Catalog

session.catalog is the client-side handle to Spark’s CatalogManager: listing catalogs and databases, inspecting tables and functions, managing temp views, and controlling the storage-level cache.

const catalog = spark.catalog;

All listing methods return DataFrames so they compose with the rest of the API. Existence checks and state-changing methods return Promise<T>.

Catalogs and databases

A Spark server can register multiple catalogs. spark_catalog is built in; others (Iceberg, Delta, JDBC, Hive) are configured server-side in spark-defaults.conf. The client forwards catalog operations as-is, so what you can list and query depends on the server’s configuration.

await catalog.currentCatalog();                  // string
await catalog.listCatalogs().collect();          // Row[]
await catalog.setCurrentCatalog("iceberg");

await catalog.currentDatabase();                 // "default"
await catalog.listDatabases().collect();
await catalog.databaseExists("analytics");       // boolean
await catalog.getDatabase("analytics").collect();
await catalog.setCurrentDatabase("analytics");

Tables and views

await catalog.listTables().collect();
await catalog.listTables("analytics").collect();     // in a specific database
await catalog.tableExists("events");
await catalog.getTable("events").collect();
await catalog.listColumns("events").collect();

Temp views

Temp views are session-scoped; they disappear when the session ends. Global temp views live in the global_temp database and are visible across sessions until explicitly dropped.

await df.createOrReplaceTempView("events");
await df.createOrReplaceGlobalTempView("events_global");

await catalog.dropTempView("events");                // returns boolean
await catalog.dropGlobalTempView("events_global");

Creating tables

createTable registers a managed or external table backed by a file format:

import { StructType, StructField } from "@spark-connect-js/node";

const schema = new StructType([
  new StructField("id", "long"),
  new StructField("name", "string"),
  new StructField("value", "double"),
]);

const created = catalog.createTable("demo_table", {
  source: "parquet",
  schema,
  path: "/tmp/demo",           // optional, omit for a managed table
  options: { compression: "snappy" },
});
await created.collect();       // returns an empty DataFrame

For INSERT / OVERWRITE / MERGE semantics, use the DataFrame writer instead.

Functions

await catalog.listFunctions().collect();           // every SQL function registered on the server
await catalog.functionExists("count");
await catalog.getFunction("count").collect();      // metadata row with return type, signature, etc.

Caching

The catalog cache controls in-memory persistence for named tables and views.
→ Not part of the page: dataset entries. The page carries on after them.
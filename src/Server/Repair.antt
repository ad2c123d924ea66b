-- ===== src/Server/Repair.antt =====
-- The read repair of server/sharded_server.go, which runs beside `Get`. Its log lines are left out.
use titan_distributed_kv.Common.{
  ℕ, ◌≡◌, refl, sym, inl, inr, List, [], ◌∷◌, ◌++◌, Bytes, codes, bytes_key, same, same_refl, Bool,
  true, false, Bool-cases, if◌then◌else◌, arith, length, ◌==◌,
}
use titan_distributed_kv.Common.Int.{pos}
use titan_distributed_kv.Common.Errors.{Result, ok, err}
use titan_distributed_kv.Sharding.Ring.{NodeInfo, Nodes}
use titan_distributed_kv.Sharding.Membership.{Membership, is_local_node, get_client, replica_nodes}
use titan_distributed_kv.Server.{GetResponse}
use titan_distributed_kv.Server.Client.{Reply, done, failed, get_reply}
use titan_distributed_kv.Server.Sharded.{Remote}

-- A `Put` that the read repair sends by a client.
pub record Repair : Type 0 where
  pub client : Bytes
  pub key : Bytes
  pub value : Bytes

-- The loop of equalBytes, on slices of one length.
equal_from : Bytes → Bytes → Bool
equal_from [] b = true
equal_from (x ∷ a) [] = false
equal_from (x ∷ a) (y ∷ b) = let rest = equal_from a b in if x == y then rest else false

-- equalBytes
unfoldable pub equal_bytes : Bytes → Bytes → Bool
unfolding equal_from
equal_bytes a b = if length a == length b then equal_from a b else false

equal_from-same : (a b : Bytes) → length a ≡ length b → equal_from a b ≡ same a b
unfolding equal_from
equal_from-same [] [] e = sym (same_refl {A = Bytes} [])
equal_from-same [] (y ∷ b) e = absurd (omega arith)
equal_from-same (x ∷ a) [] e = absurd (omega arith)
equal_from-same (x ∷ a) (y ∷ b) e = ground (arith, equal_from-same a b (omega arith))

-- `equalBytes` is Go's `==` on the same bytes as strings.
pub equal_bytes-same : (a b : Bytes) → equal_bytes a b ≡ same a b
unfolding equal_bytes
equal_bytes-same a b = ground (arith, equal_from-same a b)

-- What the answer of one replica makes it send: a different value is only logged.
repair_replica : Bytes → Bytes → Bytes → Reply Bytes → List Repair
repair_replica client key value (done _) = []
repair_replica client key value (failed message) =
    if same message (codes "get RPC failed: key not found")
    then record { client = client; key = key; value = value } ∷ []
    else []

-- The replicas that `NewShardedKVServer` asks for.
abbrev replication_factor : ℕ
replication_factor = 2

module _ (remote : Remote) (m : Membership) (key value : Bytes) where
  repair_with : Result Bytes → List Repair
  unfolding repair_replica
  repair_with (err e) = []
  repair_with (ok client) = repair_replica client key value (get_reply (remote.get client key))

  -- The loop over the replicas.
  unfoldable pub repair_all : List NodeInfo → List Repair
  unfolding repair_with
  repair_all [] = []
  repair_all (replica ∷ replicas) =
      let rest = repair_all replicas in
      if is_local_node replica.node_id m
      then rest
      else repair_with (get_client replica.node_id m) ++ rest

  repair_found : Result (List NodeInfo) → List Repair
  unfolding repair_all
  repair_found (err e) = []
  repair_found (ok replicas) = repair_all replicas

  -- performReadRepair, by what it sends
  unfoldable pub read_repair : (Bytes → Bytes) → (ℕ → Nodes → Nodes) → List Repair
  unfolding repair_found
  read_repair sum256 range =
      repair_found (replica_nodes sum256 range key (pos replication_factor) m)

  not_repaired :
      (client message : Bytes)
      → same message (codes "get RPC failed: key not found") ≡ false
      → repair_replica client key value (failed message) ≡ []
  unfolding repair_replica
  not_repaired client message e = rw e refl

  repair_replica-answered :
      (client : Bytes) (resp : GetResponse)
      → repair_replica client key value (get_reply (ok resp)) ≡ []
  unfolding get_reply bytes_key
  repair_replica-answered client resp = elim (Bool-cases resp.found) [
    | inr absent ↦ rw absent (not_repaired client (codes "key not found") refl)
    | inl found ↦ elim (Bool-cases (same resp.error [])) [
      | inl fine ↦ rw (found, fine) (unfold repair_replica in refl)
      | inr failing ↦
          rw (found, failing) (not_repaired client (codes "get error: " ++ resp.error) refl)
    ]
  ]

  repair_with-answered :
      (client : Result Bytes)
      → ((c : Bytes) → (resp : GetResponse) × (remote.get c key ≡ ok resp))
      → repair_with client ≡ []
  unfolding repair_with
  repair_with-answered (err e) answers = refl
  repair_with-answered (ok client) answers =
      let (resp, e) = answers client in rw e (repair_replica-answered client resp)

  repair_all-answered :
      (replicas : List NodeInfo)
      → ((c : Bytes) → (resp : GetResponse) × (remote.get c key ≡ ok resp))
      → repair_all replicas ≡ []
  unfolding repair_all
  repair_all-answered [] answers = refl
  repair_all-answered (replica ∷ replicas) answers = ground (
    arith,
    repair_all-answered replicas answers,
    repair_with-answered (get_client replica.node_id m) answers,
  )

  repair_found-answered :
      (replicas : Result (List NodeInfo))
      → ((c : Bytes) → (resp : GetResponse) × (remote.get c key ≡ ok resp))
      → repair_found replicas ≡ []
  unfolding repair_found
  repair_found-answered (err e) answers = refl
  repair_found-answered (ok replicas) answers = repair_all-answered replicas answers

  -- Where every client's `Get` is answered by a server, whatever the answer is, the read repair sends
  -- nothing: a replica that misses the key is not repaired.
  pub read_repair_idle :
      (sum256 : Bytes → Bytes) (range : ℕ → Nodes → Nodes)
      → ((c : Bytes) → (resp : GetResponse) × (remote.get c key ≡ ok resp))
      → read_repair sum256 range ≡ []
  unfolding read_repair
  read_repair_idle sum256 range answers =
      repair_found-answered (replica_nodes sum256 range key (pos replication_factor) m) answers
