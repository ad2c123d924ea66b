-- ===== src/Examples/Replicas.antt =====
-- The theorems on the replicas of a key and on the read repair, at the two nodes of the ring.
use titan_distributed_kv.Common.{◌≡◌, refl, List, [], ◌∷◌, codes, bytes_key, length}
use titan_distributed_kv.Common.Int.{pos}
use titan_distributed_kv.Common.Errors.{ok}
use titan_distributed_kv.Sharding.Ring.{NodeInfo}
use titan_distributed_kv.Sharding.Ring.Replicas.{at_most, get_replicas}
use titan_distributed_kv.Sharding.Ring.Replicas.Complete.{
  IsReplicas, get_replicas-IsReplicas, get_replicas-get_node,
}
use titan_distributed_kv.Server
use titan_distributed_kv.Server.Repair.{read_repair, read_repair_idle}
use titan_distributed_kv.Examples.Engine.{a, b, one, loaded}
use titan_distributed_kv.Examples.Ring.{
  sum256, in_order, in_order-IsVisit, both, both-IsRing, both_a, node_a, get_node_c, service,
  remote,
}

-- Five replicas are wanted of two nodes.
get_replicas-IsReplicas_example :
    IsReplicas both.nodes
      (at_most (length both.nodes) 5)
      (get_replicas sum256 (λ k. in_order) (codes "c") (pos 5) both)
get_replicas-IsReplicas_example =
    get_replicas-IsReplicas sum256 (λ k. in_order) (λ k. in_order-IsVisit) (codes "c") both
      both-IsRing 5 a node_a both_a

get_replicas-get_node_example :
    (rest : List NodeInfo) × (get_replicas sum256 (λ k. in_order) (codes "c") (pos 2) both
      ≡ ok (node_a ∷ rest))
get_replicas-get_node_example =
    get_replicas-get_node sum256 (λ k. in_order) (λ k. in_order-IsVisit) (codes "c") both
      both-IsRing 1 node_a get_node_c

-- The server of the node "a" does not have the key "b".
read_repair_idle_example : read_repair remote service b one sum256 (λ k. in_order) ≡ []
read_repair_idle_example =
    read_repair_idle remote service b one sum256 (λ k. in_order) (λ c. (Server.get b loaded, refl))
Useful when you plan to query the same relation several times in a session.

await catalog.cacheTable("events");
await catalog.isCached("events");          // true
await catalog.uncacheTable("events");

await catalog.cacheTable("events");
await catalog.clearCache();                // drops every cached relation

For caching intermediate DataFrames (not named tables), use df.cache() / df.persist(...) / df.unpersist() directly.

Metadata refresh

Spark caches file listings and partition metadata. After an out-of-band change to underlying storage, refresh explicitly:

await catalog.refreshTable("events");
await catalog.refreshByPath("s3://bucket/events/");
await catalog.recoverPartitions("events");     // re-discovers Hive-style partitions

A complete example

import { connect, StructType, StructField } from "@spark-connect-js/node";

const spark = connect("sc://localhost:15002");
const catalog = spark.catalog;

console.log("Catalog:", await catalog.currentCatalog());
console.log("Database:", await catalog.currentDatabase());

const employees = spark.sql(`
  SELECT * FROM VALUES
    ('Alice', 'Engineering', 90000),
    ('Bob',   'Marketing',   75000)
  AS employees(name, department, salary)
`);
await employees.createOrReplaceTempView("employees");

console.log(await catalog.tableExists("employees"));
console.table(await catalog.listColumns("employees").collect());

await catalog.cacheTable("employees");
console.log("cached?", await catalog.isCached("employees"));

await catalog.dropTempView("employees");
await spark.stop();

The full runnable version is in examples/node-catalog.